The new SE was 10 percent smaller, at $3,781, but the performance over the intervals was comparable to tests without the stop. Hence, adding this exit produced little improvement, but cost a 40-percent drop from $24,000 in potential profits. Although not shown here, the proportion of profitable intervals dropped about 10 percent, another strike against this exit strategy.
Figure 6.17 The average profit over each monthly interval was substantially better without the trailing stop, suggesting that many trades were cut off prematurely. The unmarked bars are for 2 months, 4 months, and 6 months.
A number of other exit strategies yielded similar results: none improved smoothness of the equity curve by more than 10 percent, a few worsened it, and most had a heavy profit penalty. Changing exit strategies often seems to degrade month-to-month performance. Hence, in the next section we will try to get a smoother equity curve by changing system design.
Effect of Filtering on the Equity Curve
Filtering is a way to reduce the number of trades and provide better entries into the trade. Filtering can also produce a smoother equity curve. We saw that we could not improve smoothness (reduce standard error) with exits alone. Of course, you can argue that there might be other exits that work better, and you can check them all if you like.
Figure 6.18 Equity curve for a 20-day channel system on DM with (upper line) and without (lower line) filter. Calculations are with rollovers on actual daily contract data.
In order to get a smoother equity curve, we will try changing the system design by introducing a filter. Because losses come from entries during consolidations, the primary benefit of filtering would be to eliminate some of the unprofitable entries. The penalty would be late entry into trends, resulting in lost profits. In some cases, the late entries would be near intermediate tops or bottoms, with the market reversing into the previous consolidation region. Such trades would trigger the initial stop loss orders. We explored how to use the RAVI filter with the 65sma-3cc system in Chapter 3. You can use momentum-based filters or invent other filtering schemes.
We tested a breakout system because breakout systems inherently do not produce entries during small consolidations. For example, a narrow consolidation will not produce new 20-day highs or lows. Therefore, entries from the 65sma-3cc system in these areas would be eliminated. We used a simple filter based on the directional movement index (DMI) because it is a bit more sensitive than the average directional index, or ADX. The purpose of the filter is just to reduce false breakouts, since breakouts during wide consolidations will occur without strong market momentum. The filter merely stipulates that the 14-day DMI be greater than an arbitrarily chosen level such as 50. For details on the construction of the DMI please refer to Wilder’s book (see bibliography for reference).

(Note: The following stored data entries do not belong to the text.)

-- ===== src/Sessions.antt =====
-- The session of a user (web-src/web/src): the context that holds the user and the copy in the
-- local storage; Login is components/LoginForm.js, OAuth is components/GitHubOAuth.js and
-- components/LarkOAuth.js, Countdown and Reset are components/PasswordResetForm.js.
pub mod Login
pub mod OAuth
pub mod Countdown
pub mod Reset
pub mod Tests
use lite_nova.Prelude.{ℕ, String, List, [], ◌∷◌, Option, none, some}
use lite_nova.Effects.{Effect, show_error_text}

-- The user that the server sends.
pub record Account : Type 0 where
  pub id : ℕ
  pub username : String
  pub role : ℕ
  pub status : ℕ

-- The actions of context/User/reducer.js.
pub data UserAction : Type 0 where
  login : Account → UserAction
  logout unknown : UserAction

-- `reducer` of context/User/reducer.js
unfoldable pub user_reducer : Option Account → UserAction → Option Account
user_reducer state (login payload) = some payload
user_reducer state logout = none
user_reducer state unknown = state

-- What the pages of a session share: the user of the context, the one in the local storage, the
-- addresses that were navigated to, the last one first, and the messages.
pub record Shell : Type 0 where
  pub user : Option Account
  pub stored_user : Option Account
  pub visited : List String
  pub shown : List Effect

abbrev pub navigate : String → Shell → Shell
navigate path s = record s { visited = path ∷ s.visited }

abbrev pub show : Effect → Shell → Shell
show e s = record s { shown = e ∷ s.shown }

-- `showError` of a text
unfoldable pub complain : String → Shell → Shell
unfolding show_error_text
complain message s = record s { shown = show_error_text message s.shown }

-- `userDispatch({ type: 'login', payload: data })` and the copy in the local storage
unfoldable pub log_in : Account → Shell → Shell
unfolding user_reducer
log_in account s = record s {
  user = user_reducer s.user (login account);
  stored_user = some account;
}

-- What `PrivateRoute` shows: the page, or the login.
unfoldable pub private_route : {A : Type 0} → A → A → Shell → A
private_route children to_login s = elim s.stored_user [ none ↦ to_login | some account ↦ children ]
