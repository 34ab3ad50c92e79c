-- ===== src/ChannelModels.antt =====
-- The models of each type of channel, as the server lists them, and who the stored user is
-- (web-src/web/src/helpers/utils.js): a table that is kept in a variable of the module and in the
-- local storage.
pub mod Laws
pub mod Tests
use lite_nova.Prelude.{
  ℕ, Bool, true, false, String, List, [], ◌∷◌, Option, none, some, leb, ◌==◌, str_eq, if◌then◌else◌,
}
use lite_nova.Effects.{Reply, rejected, resolved, Outcome, done, threw, type_error, after}
use lite_nova.Sessions.{Account}

-- `isAdmin` and `isRoot`, of the user in the local storage
unfoldable pub is_admin : Option Account → Bool
is_admin none = false
is_admin (some user) = leb 10 user.role

unfoldable pub is_root : Option Account → Bool
is_root none = false
is_root (some user) = leb 100 user.role

-- `res.data.data` of /api/models: the models of the types.
abbrev pub Table : Type 0
Table = List (ℕ × List String)

-- `table[type]`, where `type in table`
unfoldable pub models_of : ℕ → Table → Option (List String)
models_of type [] = none
models_of type ((t, models) ∷ table) = if t == type then some models else models_of type table

-- `JSON.stringify` and `JSON.parse` of a table; the latter gives nothing where it throws.
pub record Codec : Type 0 where
  pub stringify : Table → String
  pub parse : String → Option Table

-- The variable `channelModels`, and the text in the local storage.
pub record Store : Type 0 where
  pub channel_models : Option Table
  pub stored : Option String

abbrev pub no_models : Store
no_models = record { channel_models = none; stored = none }

-- `loadChannelModels`
unfoldable pub load_channel_models : Codec → Reply Table → Store → Outcome Store
load_channel_models codec (rejected e) s = threw e s
load_channel_models codec (resolved a) s = done (
    if a.success
    then record { channel_models = some a.payload; stored = some (codec.stringify a.payload) }
    else s)

-- The models, or `[]`.
unfoldable pub or_nil : Option (List String) → List String
or_nil none = []
or_nil (some models) = models

-- `getChannelModels`, from the read of the local storage on; where the text is no table, it throws.
unfoldable pub read_stored : Codec → (type : ℕ) → Store → Option (List String) × Store
unfolding models_of or_nil
read_stored codec type s = elim s.stored [
  | none ↦ (some [], s)
  | some raw ↦ if str_eq raw "" then (some [], s) else elim (codec.parse raw) [
    | none ↦ (none, s)
    | some table ↦ (some (or_nil (models_of type table)), record s { channel_models = some table })
  ]
]

-- `getChannelModels`, once the type is looked up in the variable
unfoldable pub take_known :
    Codec → (type : ℕ) → Store → Option (List String) → Option (List String) × Store
unfolding read_stored
take_known codec type s (some models) = (some models, s)
take_known codec type s none = read_stored codec type s

-- `getChannelModels`: what it returns, or nothing if it throws, and the store behind it
unfoldable pub get_channel_models : Codec → (type : ℕ) → Store → Option (List String) × Store
unfolding models_of take_known read_stored
get_channel_models codec type s = elim s.channel_models [
  | none ↦ read_stored codec type s
  | some table ↦ take_known codec type s (models_of type table)
]

-- What can happen: a reply comes in, a form asks for the models of a type, or the page is loaded
-- again, which forgets the variable.
pub data Event : Type 0 where
  load : Reply Table → Event
  ask : ℕ → Event
  reload : Event

unfoldable pub handle : Codec → Event → Store → Store
unfolding load_channel_models get_channel_models
handle codec (load r) s = after (load_channel_models codec r s)
handle codec (ask type) s = (get_channel_models codec type s).1
handle codec reload s = record s { channel_models = none }

unfoldable pub run : Codec → List Event → Store → Store
unfolding handle
run codec [] s = s
run codec (e ∷ events) s = run codec events (handle codec e s)
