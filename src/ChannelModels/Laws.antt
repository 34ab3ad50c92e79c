-- ===== src/ChannelModels/Laws.antt =====
-- Whatever happens, the models of a type are those of the last table that the server listed.
use lite_nova.Prelude.{
  ℕ, ◌≡◌, ◌⊎◌, refl, false, String, List, [], ◌∷◌, Option, none, some, str_eq, if◌then◌else◌,
  Bool-cases, inl, inr,
}
use lite_nova.Effects.{rejected, resolved}
use lite_nova.ChannelModels.{
  Table, models_of, Codec, Store, no_models, load_channel_models, or_nil, read_stored, take_known,
  get_channel_models, Event, load, ask, reload, handle, run,
}

-- The last table that was listed, if there is one.
abbrev pub latest : List Event → Option Table → Option Table
latest [] t = t
latest (load (resolved a) ∷ events) t = latest events (if a.success then some a.payload else t)
latest (_ ∷ events) t = latest events t

-- A table comes back from its text, which is not empty.
abbrev pub Returns : Codec → Table → Type 0
Returns codec table =
    (codec.parse (codec.stringify table) ≡ some table) × (str_eq (codec.stringify table) "" ≡ false)

-- Every table that is listed comes back from its text.
abbrev pub AllReturn : Codec → List Event → Type 0
AllReturn codec [] = Unit
AllReturn codec (load (resolved a) ∷ events) = Returns codec a.payload × AllReturn codec events
AllReturn codec (_ ∷ events) = AllReturn codec events

-- The storage has the text of the table, and the variable the table or nothing.
abbrev Shows : Codec → Option Table → Store → Type 0
Shows codec none s = (s.channel_models ≡ none) × (s.stored ≡ none)
Shows codec (some table) s =
    ((s.channel_models ≡ none) ⊎ (s.channel_models ≡ some table))
    × (s.stored ≡ some (codec.stringify table))
    × Returns codec table

abbrev pub listed : ℕ → Option Table → List String
listed type none = []
listed type (some table) = or_nil (models_of type table)

module _ (codec : Codec) where
  read_stored-eq :
      (type : ℕ) (table : Table) (s : Store)
      → s.stored ≡ some (codec.stringify table)
      → Returns codec table
      → read_stored codec type s
        ≡ (some (or_nil (models_of type table)), record s { channel_models = some table })
  unfolding read_stored
  read_stored-eq type table s e (back, long) = rw (e, long, back) refl

  take_known-Shows :
      (type : ℕ) (table : Table) (raw : Option String) (o : Option (List String))
      → models_of type table ≡ o
      → raw ≡ some (codec.stringify table)
      → Returns codec table
      → let s : Store = record { channel_models = some table; stored = raw } in
        ((take_known codec type s o).0 ≡ some (or_nil (models_of type table)))
        × Shows codec (some table) (take_known codec type s o).1
  unfolding take_known
  take_known-Shows type table raw (some models) e kept back =
      (rw e (unfold or_nil in refl), (inr refl, kept, back))
  take_known-Shows type table raw none e kept back =
      rw
        (read_stored-eq type table (record { channel_models = some table; stored = raw }) kept back)
        (refl, (inr refl, kept, back))

  get_channel_models-Shows :
      (type : ℕ) (t : Option Table) (s : Store)
      → Shows codec t s
      → ((get_channel_models codec type s).0 ≡ some (listed type t))
        × Shows codec t (get_channel_models codec type s).1
  unfolding get_channel_models
  get_channel_models-Shows type none s (empty, gone) =
      rw empty (unfold read_stored in rw gone (refl, (refl, refl)))
  get_channel_models-Shows type (some table) s (inl empty, kept, back) = rw empty (
      rw (read_stored-eq type table (record s { channel_models = none }) kept back)
        (refl, (inr refl, kept, back)))
  get_channel_models-Shows type (some table) s (inr known, kept, back) =
      rw known (take_known-Shows type table s.stored (models_of type table) refl kept back)

  run-Shows :
      (events : List Event) (t : Option Table) (s : Store)
      → AllReturn codec events
      → Shows codec t s
      → Shows codec (latest events t) (run codec events s)
  unfolding run handle load_channel_models
  run-Shows [] t s r h = h
  run-Shows (load (rejected e) ∷ events) t s r h = run-Shows events t s r h
  run-Shows (load (resolved a) ∷ events) t s (back, r) h = elim (Bool-cases a.success) [
    | inl e ↦ rw e (run-Shows events (some a.payload) _ r (inr refl, refl, back))
    | inr e ↦ rw e (run-Shows events t s r h)
  ]
  run-Shows (ask type ∷ events) t s r h =
      run-Shows events t _ r (get_channel_models-Shows type t s h).1
  run-Shows (reload ∷ events) none s r (empty, gone) = run-Shows events none _ r (refl, gone)
  run-Shows (reload ∷ events) (some table) s r (known, kept, back) =
      run-Shows events (some table) _ r (inl refl, kept, back)

  -- After any sequence of replies, requests of a form and new loads of the page, the models of a
  -- type are those of the last table that the server listed, none if it does not have the type or no
  -- table was listed; nothing throws. Every table that was listed comes back from its text.
  pub get_channel_models-run :
      (events : List Event) (type : ℕ)
      → AllReturn codec events
      → (get_channel_models codec type (run codec events no_models)).0
        ≡ some (listed type (latest events none))
  get_channel_models-run events type r =
      (get_channel_models-Shows type (latest events none) (run codec events no_models)
        (run-Shows events none no_models r (refl, refl))).0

Figure 6.19 The filtered breakout system (upper line) had a smoother curve compared to the 65sma-3cc system without initial stop or exits (case 1; lower line).
We tested the system on DM data from March 1988 through June 1995 with rollovers on the twentieth day of the month before expiration, a $1,500 initial stop, and $100 allowed for slippage and commissions. The equity curves for the filtered and unfiltered system are shown in Figure 6.18.

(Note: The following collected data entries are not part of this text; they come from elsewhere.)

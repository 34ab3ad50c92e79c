-- ===== src/ChannelModels/Tests.antt =====
-- The theorem about the models of the types on one table.
use lite_nova.Prelude.{◌≡◌, refl, true, List, [], ◌∷◌, some}
use lite_nova.Effects.{text, rejected, resolved}
use lite_nova.ChannelModels.{
  Table, models_of, or_nil, Codec, no_models, get_channel_models, Event, load, ask, reload, run,
}
use lite_nova.ChannelModels.Laws.{get_channel_models-run}

abbrev table : Table
table = (1, "gpt-4" ∷ "gpt-4o" ∷ []) ∷ (14, "claude" ∷ []) ∷ []

-- A codec that knows one table.
abbrev codec : Codec
codec = record { stringify = λ t. "table"; parse = λ raw. some table }

abbrev events : List Event
events =
    ask 1
    ∷ load (resolved (record { success = true; message = ""; payload = table }))
    ∷ reload
    ∷ load (rejected (text "offline"))
    ∷ []

get_channel_models-run_example :
    (get_channel_models codec 14 (run codec events no_models)).0 ≡ some ("claude" ∷ [])
unfolding models_of or_nil
get_channel_models-run_example = get_channel_models-run codec events 14 ((refl, refl), tt)
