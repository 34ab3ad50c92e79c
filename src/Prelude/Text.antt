-- ===== src/Prelude/Text.antt =====
-- `split(',')` and `join(',')` of JavaScript, over native strings.

use Prim.Native.Char.{Char, code}
use Prim.Native.String.{String, [], ◌∷◌, ◌++◌}
use mathlib.Core.Path.{◌≡◌, refl, sym, ap, ◌∙◌}
use mathlib.Core.Logic.{◌≢◌, inl, inr}
use mathlib.Core.List.{List, [], ◌∷◌}
use native.Mathlib.Omega.{arith}
use text.Mathlib.TextEquality.{Char-path}
use text.Mathlib.TextLemmas.{nil-append, cons-append}
use lite_nova.Prelude.Tests.{◌==◌, if◌then◌else◌, Bool-cases, ==_iff}
use lite_nova.Prelude.Lists.{All}

-- One more character in front of the first part.
abbrev push_front : Char → List String → List String
push_front c [] = (c ∷ "") ∷ []
push_front c (p ∷ ps) = (c ∷ p) ∷ ps

-- `s.split(',')`
unfoldable pub split_comma : String → List String
split_comma [] = "" ∷ []
split_comma (c ∷ s) =
    let rest = split_comma s in if code c == b',' then "" ∷ rest else push_front c rest

-- `ps.join(',')`
unfoldable pub join_comma : List String → String
join_comma [] = ""
join_comma (p ∷ []) = p
join_comma (p ∷ q ∷ ps) = p ++ ("," ++ join_comma (q ∷ ps))

abbrev pub NoComma : String → Type 0
NoComma [] = Unit
NoComma (c ∷ s) = (code c ≢ b',') × NoComma s

split_comma_of_NoComma : (p : String) → NoComma p → split_comma p ≡ p ∷ []
unfolding split_comma
split_comma_of_NoComma [] h = refl
split_comma_of_NoComma (c ∷ s) (n, h) = ground (arith, split_comma_of_NoComma s h)

split_comma-append : (p r : String) → NoComma p → split_comma (p ++ ("," ++ r)) ≡ p ∷ split_comma r
unfolding split_comma
split_comma-append [] r h = rw (nil-append, cons-append, nil-append)
split_comma-append (c ∷ p) r (n, h) =
    rw (cons-append c p ("," ++ r)) (ground (arith, split_comma-append p r h))

-- A non-empty list of texts without commas comes back from `join` and `split`.
pub split_comma-join_comma :
    (p : String) (ps : List String)
    → All NoComma (p ∷ ps)
    → split_comma (join_comma (p ∷ ps)) ≡ p ∷ ps
unfolding join_comma
split_comma-join_comma p [] h = split_comma_of_NoComma p h.0
split_comma-join_comma p (q ∷ ps) h =
    split_comma-append p (join_comma (q ∷ ps)) h.0 ∙ ap (p ∷◌) (split_comma-join_comma q ps h.1)

join_comma-push_front :
    (c : Char) (p : String) (ps : List String)
    → join_comma (push_front c (p ∷ ps)) ≡ c ∷ join_comma (p ∷ ps)
unfolding join_comma
join_comma-push_front c p [] = refl
join_comma-push_front c p (q ∷ ps) = cons-append c p ("," ++ join_comma (q ∷ ps))

join_comma-comma :
    (c : Char) (p : String) (ps : List String)
    → code c ≡ b','
    → join_comma ("" ∷ p ∷ ps) ≡ c ∷ join_comma (p ∷ ps)
unfolding join_comma
join_comma-comma c p ps e =
    rw (nil-append, cons-append, nil-append)
      (ap (λ d. d ∷ join_comma (p ∷ ps)) (sym (Char-path c "," e)))

pub split_comma-cons : (s : String) → (p : String) × (ps : List String) × (split_comma s ≡ p ∷ ps)
unfolding split_comma
split_comma-cons [] = ("", [], refl)
split_comma-cons (c ∷ s) = elim (Bool-cases (code c == b',')) [
  | inl e ↦ ("", split_comma s, rw e)
  | inr e ↦ let (p, ps, q) = split_comma-cons s in (c ∷ p, ps, rw (e, q))
]

-- Joining what was split gives the text back.
pub join_comma-split_comma : (s : String) → join_comma (split_comma s) ≡ s
unfolding split_comma
join_comma-split_comma [] = unfold join_comma in refl
join_comma-split_comma (c ∷ s) =
    let (p, ps, q) = split_comma-cons s in
    let ih : join_comma (p ∷ ps) ≡ s = ap join_comma (sym q) ∙ join_comma-split_comma s in
    elim (Bool-cases (code c == b',')) [
      | inl e ↦ rw (e, q) (join_comma-comma c p ps ((==_iff _ _).0 e) ∙ ap (c ∷◌) ih)
      | inr e ↦ rw (e, q) (join_comma-push_front c p ps ∙ ap (c ∷◌) ih)
    ]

Filtering also produced an equity curve (see Figure 6.19) that is smoother than for the unfiltered 65sma-3cc system, described in this chapter as case 1. Note that the case 1 equity curve has been converted from daily to monthly data. The SE for case 1 was $3,776, versus $2,507 for the filtered equity curve, a difference of 50 percent. The interval drawdowns were also smaller, confirming the smoother equity changes (see Figure 6.20).

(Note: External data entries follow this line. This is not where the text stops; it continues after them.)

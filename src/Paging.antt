-- ===== src/Paging.antt =====
-- How every table of the console cuts its rows into pages (`ITEMS_PER_PAGE` of
-- web-src/web/src/constants/common.constant.js, and the expressions that the five tables share).
pub mod Laws
use lite_nova.Prelude.{ℕ, ◌+◌, ◌-◌, ◌*◌, ◌/◌, ◌%◌, List, ◌++◌, ◌==◌, if◌then◌else◌, take, drop}

abbrev pub items_per_page : ℕ
items_per_page = 10

-- `Math.ceil(n / ITEMS_PER_PAGE)`
unfoldable pub page_count : ℕ → ℕ
page_count n = (n + 9) / items_per_page

-- `totalPages` of the pager
unfoldable pub total_pages : ℕ → ℕ
unfolding page_count
total_pages n = page_count n + (if (n % items_per_page) == 0 then 1 else 0)

-- `(activePage - 1) * ITEMS_PER_PAGE + idx`
unfoldable pub real_idx : ℕ → ℕ → ℕ
real_idx active_page idx = (active_page - 1) * items_per_page + idx

module _ {ℓ} {A : Type ℓ} where
  -- `xs.slice(from, to)` for indices that are not negative
  unfoldable pub slice : List A → ℕ → ℕ → List A
  slice xs from to = take (to - from) (drop from xs)

  -- the rows that are rendered for a page
  unfoldable pub page_slice : ℕ → List A → List A
  unfolding slice
  page_slice active_page xs =
      slice xs ((active_page - 1) * items_per_page) (active_page * items_per_page)

  -- `xs.splice(start, count, ...ys)`; a start past the end appends
  unfoldable pub splice : List A → ℕ → ℕ → List A → List A
  splice xs start count ys = take start xs ++ (ys ++ drop (start + count) xs)
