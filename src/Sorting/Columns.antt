-- ===== src/Sorting/Columns.antt =====
-- What a column holds, and the comparison by which the tables sort a column
-- (`sortChannel`, `sortToken`, `sortUser` and `sortRedemption` under web-src/web/src/components).
-- How the language reads a text as a number, and how it collates texts, are parameters.
use lite_nova.Prelude.{Bool, false, String, Option, none, some}
use lite_nova.Prelude.Int.{ℤ, ltb_ℤ}

-- The functions of the language that the code calls on texts: `Number`, `parseInt`, `String` of a
-- number, `trim`, and whether `localeCompare` is positive. `none` is NaN.
pub record Js : Type 0 where
  pub to_number : String → Option ℤ
  pub parse_int : String → Option ℤ
  pub number_text : ℤ → String
  pub trim : String → String
  pub locale_greater : String → String → Bool

pub data Cell : Type 0 where
  num : ℤ → Cell
  str : String → Cell
  missing : Cell

module _ (js : Js) where
  -- the cell as a number
  unfoldable pub cell_number : Cell → Option ℤ
  cell_number (num z) = some z
  cell_number (str s) = js.to_number s
  cell_number missing = none

  -- `'' + cell`
  unfoldable pub cell_text : Cell → String
  cell_text (num z) = js.number_text z
  cell_text (str s) = s
  cell_text missing = "undefined"

  -- `a[key] - b[key] > 0`: never, where either is NaN
  unfoldable pub number_greater : ℤ → Option ℤ → Bool
  number_greater x none = false
  number_greater x (some y) = ltb_ℤ y x

  -- whether the comparison function of the sort is positive
  unfoldable pub cell_greater : Cell → Cell → Bool
  unfolding cell_number cell_text number_greater
  cell_greater a b = elim (cell_number a) [
    | some x ↦ number_greater x (cell_number b)
    | none ↦ js.locale_greater (cell_text a) (cell_text b)
  ]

Figure 6.20 The filtered breakout system produced smaller drawdowns than the 65sma-3cc system without initial stop or exits (case 1). Data are for 1-, 3-, 6-, and 12-month intervals (from left to right).
We then compared the performance of the channel breakout system with and without filtering. The average interval equity change over 1, 3, 6, and 12 months was greater for the filtered system, as shown in Figure 6.21. Thus, the filtered system produced more consistent results for DM. For example, standard deviation of interval returns was greater for the unfiltered system (see Figure 6.22), confirming its uneven performance.
As expected, a linear regression analysis showed the standard error for the filtered system to be $2,507 versus $3,937 for the unfiltered system. Thus, filtering produced a smoother equity curve, since the standard error decreased by 36 percent. A brief comparison of the filtered and unfiltered system is shown in Table 6.1.
Figure 6.21 The interval equity changes were greater for the filtered deutsche mark system.
The data in Table 6.1 show that filtering reduced the number of trades, and improved profitability and the profit factor in this instance. These calculations suggest that filtering can produce a smoother equity curve. Hence, you should also evaluate the effects of changing entry strategies at the portfolio level.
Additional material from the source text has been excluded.